## DATA FOR THIS TASK:
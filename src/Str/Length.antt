-- ===== src/Str/Length.antt =====
-- The length of a string, and copies of strings.
use sdp_project_c.Common.{
  ℕ, zero, suc, ◌+◌, ◌-◌, ◌≤◌, ◌<◌, ◌≡◌, refl, ◌≢◌, ◌⊎◌, inl, inr, true, false, none, some, ok,
  Returns, Returns-bind, Returns-map, arith, ◌==◌, update, ℕ_discrete,
}
use sdp_project_c.Mem.{moved}
use sdp_project_c.Str.{strlen_loop, strlen, strcpy_loop, strcpy, strcat, kstrdup}

-- A string of `n` characters at the address `s`.
pub record IsString (s n : ℕ) (m : ℕ → ℕ) : Type 0 where
  pub chars : (i : ℕ) → i < n → m (s + i) ≢ 0
  pub last : m (s + n) ≡ 0

strlen_loop_lem :
    (rounds str ret n : ℕ) (m : ℕ → ℕ)
    → IsString str n m
    → ret ≤ n
    → n < ret + rounds
    → strlen_loop rounds str ret m ≡ ok n
unfolding strlen_loop
strlen_loop_lem zero str ret n m s le lt = absurd (omega arith)
strlen_loop_lem (suc rounds) str ret n m s le lt = elim (ℕ_discrete ret n) [
  | yes e ↦ ground (arith, e, s.last)
  | no ne ↦ ground (arith, s.chars ret, ne, strlen_loop_lem rounds str (ret + 1) n m s)
]

pub strlen-IsString :
    (rounds str n : ℕ) (m : ℕ → ℕ) → IsString str n m → n < rounds → strlen rounds str m ≡ ok n
unfolding strlen
strlen-IsString rounds str n m s lt = strlen_loop_lem rounds str 0 n m s (omega arith) (omega arith)

-- Blocks of `n` bytes that do not overlap.
abbrev pub Apart : ℕ → ℕ → ℕ → Type 0
Apart dest src n = (dest + n ≤ src) ⊎ (src + n ≤ dest)

strcpy_loop_lem :
    (rounds dest src i n : ℕ) (m m' : ℕ → ℕ)
    → IsString src n m
    → Apart dest src (n + 1)
    → ((a : ℕ) → m' a ≡ moved dest src i m a)
    → i ≤ n
    → n < i + rounds
    → Returns (strcpy_loop rounds dest src i m') (λ r. (a : ℕ) → r a ≡ moved dest src (n + 1) m a)
unfolding strcpy_loop
strcpy_loop_lem zero dest src i n m m' s apart done le lt = absurd (omega arith)
strcpy_loop_lem (suc rounds) dest src i n m m' s apart done le lt =
    let unread : m' (src + i) ≡ m (src + i) = ground (arith, done (src + i), apart) in
    elim (ℕ_discrete i n) [
      | yes e ↦
          let t : (m' (src + i) == 0) ≡ true = ground (arith, unread, e, s.last) in
          rw (t, strcpy_loop) (λ a. ground (arith, done a, e, s.last))
      | no ne ↦
          let t : (m' (src + i) == 0) ≡ false = ground (arith, unread, s.chars i, ne) in
          rw (t, strcpy_loop)
            (strcpy_loop_lem rounds dest src (i + 1) n m (update m' (dest + i) (m' (src + i))) s
              apart (λ a. ground (arith, done a, unread)) (omega arith) (omega arith))
    ]

-- `strcpy` of a string to a place that does not overlap with it copies it with its 0, and nothing else changes.
pub strcpy-moved :
    (rounds dest src n : ℕ) (m : ℕ → ℕ)
    → IsString src n m
    → n < rounds
    → Apart dest src (n + 1)
    → Returns (strcpy rounds dest src m) (λ r. (a : ℕ) → r a ≡ moved dest src (n + 1) m a)
unfolding strcpy
strcpy-moved rounds dest src n m s lt apart =
    strcpy_loop_lem rounds dest src 0 n m m s apart (λ a. ground arith) (omega arith) (omega arith)

-- `strcat` of two strings, with room behind the first that does not overlap with the second: the characters of
-- the second come behind those of the first, and nothing else changes.
pub strcat-IsString :
    (rounds dest src n k : ℕ) (m : ℕ → ℕ)
    → IsString dest n m
    → IsString src k m
    → n < rounds
    → k < rounds
    → (dest + n + k < src) ⊎ (src + k < dest)
    → Returns (strcat rounds dest src m) (λ r.
      IsString dest (n + k) r
      × ((i : ℕ) → i < n → r (dest + i) ≡ m (dest + i))
      × ((i : ℕ) → i < k → r (dest + n + i) ≡ m (src + i))
      × ((a : ℕ) → (a < dest + n) ⊎ (dest + n + k < a) → r a ≡ m a))
unfolding strcat
strcat-IsString rounds dest src n k m d s ln lk apart = rw (strlen-IsString rounds dest n m d ln) (
    Returns-map (λ r. (a : ℕ) → r a ≡ moved (dest + n) src (k + 1) m a) _
      (strcpy rounds (dest + n) src m)
      (λ r copy. (
        record {
          chars = λ i lt. elim (ℕ_discrete (i - n) 0) [
            | yes z ↦ elim (ℕ_discrete i n) [
              | yes e ↦
                  let same : dest + i ≡ dest + n = omega arith in
                  ground (arith, copy (dest + i), same, s.chars 0)
              | no ne ↦ ground (arith, copy (dest + i), d.chars i)
            ]
            | no past ↦
                let same : src + (dest + i - (dest + n)) ≡ src + (i - n) = omega arith in
                ground (arith, copy (dest + i), s.chars (i - n), same)
          ];
          last =
              let same : src + (dest + (n + k) - (dest + n)) ≡ src + k = omega arith in
              ground (arith, copy (dest + (n + k)), s.last, same);
        },
        λ i lt. ground (arith, copy (dest + i)),
        λ i lt.
            let same : src + (dest + n + i - (dest + n)) ≡ src + i = omega arith in
            ground (arith, copy (dest + n + i), same),
        λ a out. ground (arith, copy a, out),
      ))
      (strcpy-moved rounds (dest + n) src k m s lk (ground (arith, apart))))

-- `kstrdup`, where `kmalloc` gives a place apart from the string, gives a copy of the string there.
pub kstrdup-IsString :
    (kmalloc : ℕ → ℕ) (rounds s n : ℕ) (m : ℕ → ℕ)
    → IsString s n m
    → n < rounds
    → Apart (kmalloc (n + 1)) s (n + 1)
    → Returns (kstrdup kmalloc rounds s m) (λ r.
      ((kmalloc (n + 1) ≡ 0) × (r.0 ≡ none) × (r.1 ≡ m))
      ⊎ ((r.0 ≡ some (kmalloc (n + 1)))
          × IsString (kmalloc (n + 1)) n r.1
          × ((i : ℕ) → i < n → r.1 (kmalloc (n + 1) + i) ≡ m (s + i))
          × IsString s n r.1))
unfolding kstrdup
kstrdup-IsString kmalloc rounds s n m str lt apart =
    rw (strlen-IsString rounds s n m str lt) (elim (ℕ_discrete (kmalloc (n + 1)) 0) [
      | yes z ↦
          let t : (kmalloc (n + 1) == 0) ≡ true = ground (arith, z) in rw t (inl (z, refl, refl))
      | no some_place ↦
          let t : (kmalloc (n + 1) == 0) ≡ false = ground (arith, some_place) in
          rw t (
            Returns-bind (λ r. (a : ℕ) → r a ≡ moved (kmalloc (n + 1)) s (n + 1) m a) _
              (strcpy rounds (kmalloc (n + 1)) s m) _
              (strcpy-moved rounds (kmalloc (n + 1)) s n m str lt apart)
              (λ r copy. inr (copied (kmalloc (n + 1)) r apart copy)))
    ])
  where
    copied :
        (z : ℕ) (r : ℕ → ℕ)
        → Apart z s (n + 1)
        → ((a : ℕ) → r a ≡ moved z s (n + 1) m a)
        → (some z ≡ some z)
          × IsString z n r
          × ((i : ℕ) → i < n → r (z + i) ≡ m (s + i))
          × IsString s n r
    copied z r away copy = (
      refl,
      record {
        chars = λ i lt'. ground (arith, copy (z + i), str.chars i);
        last = ground (arith, copy (z + n), str.last);
      },
      λ i lt'. ground (arith, copy (z + i)),
      record {
        chars = λ i lt'. ground (arith, copy (s + i), str.chars i, away);
        last = ground (arith, copy (s + n), str.last, away);
      },
    )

## WHAT TO PRODUCE:
Output, please, only the lines running from the start of the entries through the line that contains "-- A string", including both of those lines.

## OUTPUT:
filename src/Str/Length.antt
-- ===== src/Str/Length.antt =====
-- The length of a string, and copies of strings.
use sdp_project_c.Common.{
  ℕ, zero, suc, ◌+◌, ◌-◌, ◌≤◌, ◌<◌, ◌≡◌, refl, ◌≢◌, ◌⊎◌, inl, inr, true, false, none, some, ok,
  Returns, Returns-bind, Returns-map, arith, ◌==◌, update, ℕ_discrete,
}
use sdp_project_c.Mem.{moved}
use sdp_project_c.Str.{strlen_loop, strlen, strcpy_loop, strcpy, strcat, kstrdup}

-- A string of `n` characters at the address `s`.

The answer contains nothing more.